=== Begin Enclosure ===

-- ===== src/Cfg/Pointers/Keeping.antt =====
-- Every command of the file keeps the blocks of the variables apart and loses none.
use edysquelch.Prelude.{
  ℕ, ◌+◌, refl, ap, List, [], ◌∷◌, arith, if◌then◌else◌, All, ℤ, pos, Bytes, codes, str_case_equal,
}
use edysquelch.Memory.{
  Pointer, null, static, block, Heap, Run, runs, stopped, corrupted, Allocator, hmalloc, hfree,
  hstrdup,
}
use edysquelch.Memory.Safety.{
  Safe, Safe->>=, if-Safe, points, count, Exactly, hfree-Exactly, hmalloc-Safe, hstrdup-Safe,
}
use edysquelch.Cfg.Pointers.{
  Variables, is_null, State, uplink_size, settle, assign, do_string_heap, do_interval_heap,
  link_heap, do_uplink_heap, row_heap, cfg_cmds_heap,
}
use edysquelch.CfgFile.Values.{do_int}
use edysquelch.CfgFile.Keeping.{Keeps}
use edysquelch.Cfg.{mono, do_sound_ch}
use edysquelch.Cfg.Pointers.Owners.{
  IsPlain, Kinds, own, points_all, Owned, Settable, logdir-Settable, fpdir-Settable,
  sound_device-Settable, sound_in_file-Settable, sound_out_file-Settable, assign-Owned,
}

pub free_old :
    (rest : ℕ → ℕ) (x : Pointer) (h : Heap)
    → IsPlain x
    → Exactly (λ b. points x b + rest b) h
    → Safe (Exactly rest) (if is_null x then runs h else hfree x h)
free_old rest null h plain owns = λ b. omega (arith, owns b)
free_old rest (static s) h plain owns = absurd (cc)
free_old rest (block p) h plain owns = hfree-Exactly (block p) h rest plain owns

module _ (malloc : Allocator) (lost : List Pointer) where
  do_string_heap-Owned :
      {D : Pointer → Type 0} {v : Variables} {dest : Pointer} {place : Pointer → Variables}
      (ws : List Bytes) (h : Heap)
      → Settable D v dest place
      → IsPlain dest
      → Owned D lost (v, h)
      → Safe (λ r. Owned D lost r.0) (do_string_heap malloc dest place v ws h)
  unfolding do_string_heap
  do_string_heap-Owned {D = D} {dest = dest} {place = place} (w ∷ s ∷ rest) h var plain
        (kinds, owns) =
      Safe->>= _ (Exactly (λ b. own (place null) b + points_all lost b))
        (if is_null dest then runs h else hfree dest h) _
        (free_old (λ b. own (place null) b + points_all lost b) dest h plain
          (λ b. omega (arith, var.keeps b, owns b)))
        λ h1 left.
          Safe->>= _ (Owned D lost) (assign malloc place s h1) _
            (assign-Owned malloc s h1 lost var left) λ state owned. owned
  do_string_heap-Owned [] h var plain owned = owned
  do_string_heap-Owned (w ∷ []) h var plain owned = owned

  do_interval_heap-Owned :
      (v : Variables) (ws : List Bytes) (h : Heap)
      → Owned IsPlain lost (v, h)
      → Safe (λ r. Owned IsPlain lost r.0) (do_interval_heap malloc v ws h)
  unfolding do_interval_heap
  do_interval_heap-Owned v (w ∷ s ∷ rest) h (kinds, owns) =
      Safe->>= _ _ (hstrdup malloc s h) _ (hstrdup-Safe malloc s h) λ r given.
        Safe->>= _ _ (hfree r.0 r.1) _
          (hfree-Exactly r.0 r.1 (λ b. own v b + points_all lost b) given.0
            (λ b. omega (arith, given.1 b, owns b)))
          λ h2 left. (kinds, left)
  do_interval_heap-Owned v [] h owned = owned
  do_interval_heap-Owned v (w ∷ []) h owned = owned

  -- The rest of do_uplink, with what is allocated so far for the new uplink.
  link-Owned :
      (v : Variables) (node name : Pointer) (rest : List Bytes) (h : Heap)
      → Kinds IsPlain v
      → IsPlain node
      → IsPlain name
      → Exactly (λ b. points node b + points name b + own v b + points_all lost b) h
      → Safe (λ r. Owned IsPlain lost r.0) (link_heap malloc v node name rest h)
  unfolding link_heap
  link-Owned v node name [] h kinds p n owns = tt
  link-Owned v node name (url ∷ rest) h (c, pid, l, ld, f, ln, d, si, so, us, ns) p n owns =
      Safe->>= _ _ (hstrdup malloc url h) _ (hstrdup-Safe malloc url h) λ r given. (
        (c, pid, l, ld, f, ln, d, si, so, us, ((p, n, given.0), ns)),
        λ b. omega (arith, owns b, given.1 b),
      )

  do_uplink_heap-Owned :
      (v : Variables) (ws : List Bytes) (h : Heap)
      → Owned IsPlain lost (v, h)
      → Safe (λ r. Owned IsPlain lost r.0) (do_uplink_heap malloc v ws h)
  unfolding do_uplink_heap
  do_uplink_heap-Owned v (w ∷ label ∷ proto ∷ rest) h (kinds, owns) =
      if-Safe _ (str_case_equal proto (codes "json")) _ _
        (Safe->>= _ _ (hmalloc malloc uplink_size h) _ (hmalloc-Safe malloc uplink_size h)
          λ r given.
            Safe->>= _ _ (hstrdup malloc label r.1) _ (hstrdup-Safe malloc label r.1) λ n named.
              link-Owned v (block r.0) n.0 rest n.1 kinds refl named.0
                (λ b. omega (arith, ap (λ ps. count ps b) given.0, named.1 b, owns b)))
        (kinds, owns)
  do_uplink_heap-Owned v [] h owned = owned
  do_uplink_heap-Owned v (w ∷ []) h owned = owned
  do_uplink_heap-Owned v (w ∷ l ∷ []) h owned = owned

  settle-Safe :
      (m : Run (State × ℤ))
      → Safe (λ r. Owned IsPlain lost r.0) m
      → Safe (Owned IsPlain lost) (settle m).0
  settle-Safe (runs r) h = h
  settle-Safe (stopped x) h = tt
  settle-Safe corrupted h = h

  row-Keeps :
      (name : Bytes) (f : Variables → List Bytes → Heap → Run (State × ℤ))
      → ((v : Variables) (ws : List Bytes) (h : Heap)
          → Owned IsPlain lost (v, h)
          → Safe (λ r. Owned IsPlain lost r.0) (f v ws h))
      → Keeps (Safe (Owned IsPlain lost)) (row_heap malloc name f)
  row-Keeps name f keeps (runs (v, h)) ws owned = settle-Safe (f v ws h) (keeps v ws h owned)
  row-Keeps name f keeps (stopped x) ws owned = tt
  row-Keeps name f keeps corrupted ws owned = owned

  string-Keeps :
      (name : Bytes) (dest : Variables → Pointer) (place : Variables → Pointer → Variables)
      → ((v : Variables)
          → Kinds IsPlain v
          → IsPlain (dest v) × Settable IsPlain v (dest v) (place v))
      → Keeps
          (Safe (Owned IsPlain lost))
          (row_heap malloc name (λ v. do_string_heap malloc (dest v) (place v) v))
  string-Keeps name dest place var =
      row-Keeps name (λ v. do_string_heap malloc (dest v) (place v) v)
        λ v ws h owned.
          let (plain, settable) = var v owned.0 in do_string_heap-Owned ws h settable plain owned

  pub cfg_cmds_heap-Keep : All (Keeps (Safe (Owned IsPlain lost))) (cfg_cmds_heap malloc)
  unfolding cfg_cmds_heap
  cfg_cmds_heap-Keep = (
    string-Keeps (codes "logdir") (λ v. v.logdir) (λ v x. record v { logdir = x })
        (λ v kinds. (kinds.2, logdir-Settable v kinds)),
    (
      string-Keeps (codes "fingerprints") (λ v. v.fpdir) (λ v x. record v { fpdir = x })
          (λ v kinds. (kinds.4, fpdir-Settable v kinds)),
      (
        row-Keeps (codes "statsinterval") (do_interval_heap malloc) do_interval_heap-Owned,
        (
          row-Keeps (codes "expiryinterval") (do_interval_heap malloc) do_interval_heap-Owned,
          (
            row-Keeps (codes "uplink") (do_uplink_heap malloc) do_uplink_heap-Owned,
            (
              string-Keeps (codes "sounddevice") (λ v. v.sound_device)
                  (λ v x. record v { sound_device = x })
                  (λ v kinds. (kinds.6, sound_device-Settable v kinds)),
              (
                string-Keeps (codes "soundinfile") (λ v. v.sound_in_file)
                    (λ v x. record v { sound_in_file = x })
                    (λ v kinds. (kinds.7, sound_in_file-Settable v kinds)),
                (
                  string-Keeps (codes "soundoutfile") (λ v. v.sound_out_file)
                      (λ v x. record v { sound_out_file = x })
                      (λ v kinds. (kinds.8, sound_out_file-Settable v kinds)),
                  (
                    row-Keeps (codes "soundchannels")
                        (λ v ws h. runs ((v, h), (do_sound_ch mono ws).1)) (λ v ws h owned. owned),
                    (
                      row-Keeps (codes "soundlevellog")
                          (λ v ws h. runs ((v, h), (do_int (pos 0) ws).1)) (λ v ws h owned. owned),
                      tt,
                    ),
                  ),
                ),
              ),
            ),
          ),
        ),
      ),
    ),
  )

=== End Enclosure ===

* WHAT YOU NEED TO DO:
Using the data above, print exactly the lines from the line that contains "else hfree x h)" through the line that contains "unfolding do_string_heap", with both included.

* RESPONSE TO THIS TASK:
    → Safe (Exactly rest) (if is_null x then runs h else hfree x h)
free_old rest null h plain owns = λ b. omega (arith, owns b)
free_old rest (static s) h plain owns = absurd (cc)
free_old rest (block p) h plain owns = hfree-Exactly (block p) h rest plain owns

module _ (malloc : Allocator) (lost : List Pointer) where
  do_string_heap-Owned :
      {D : Pointer → Type 0} {v : Variables} {dest : Pointer} {place : Pointer → Variables}
      (ws : List Bytes) (h : Heap)
      → Settable D v dest place
      → IsPlain dest
      → Owned D lost (v, h)
      → Safe (λ r. Owned D lost r.0) (do_string_heap malloc dest place v ws h)
  unfolding do_string_heap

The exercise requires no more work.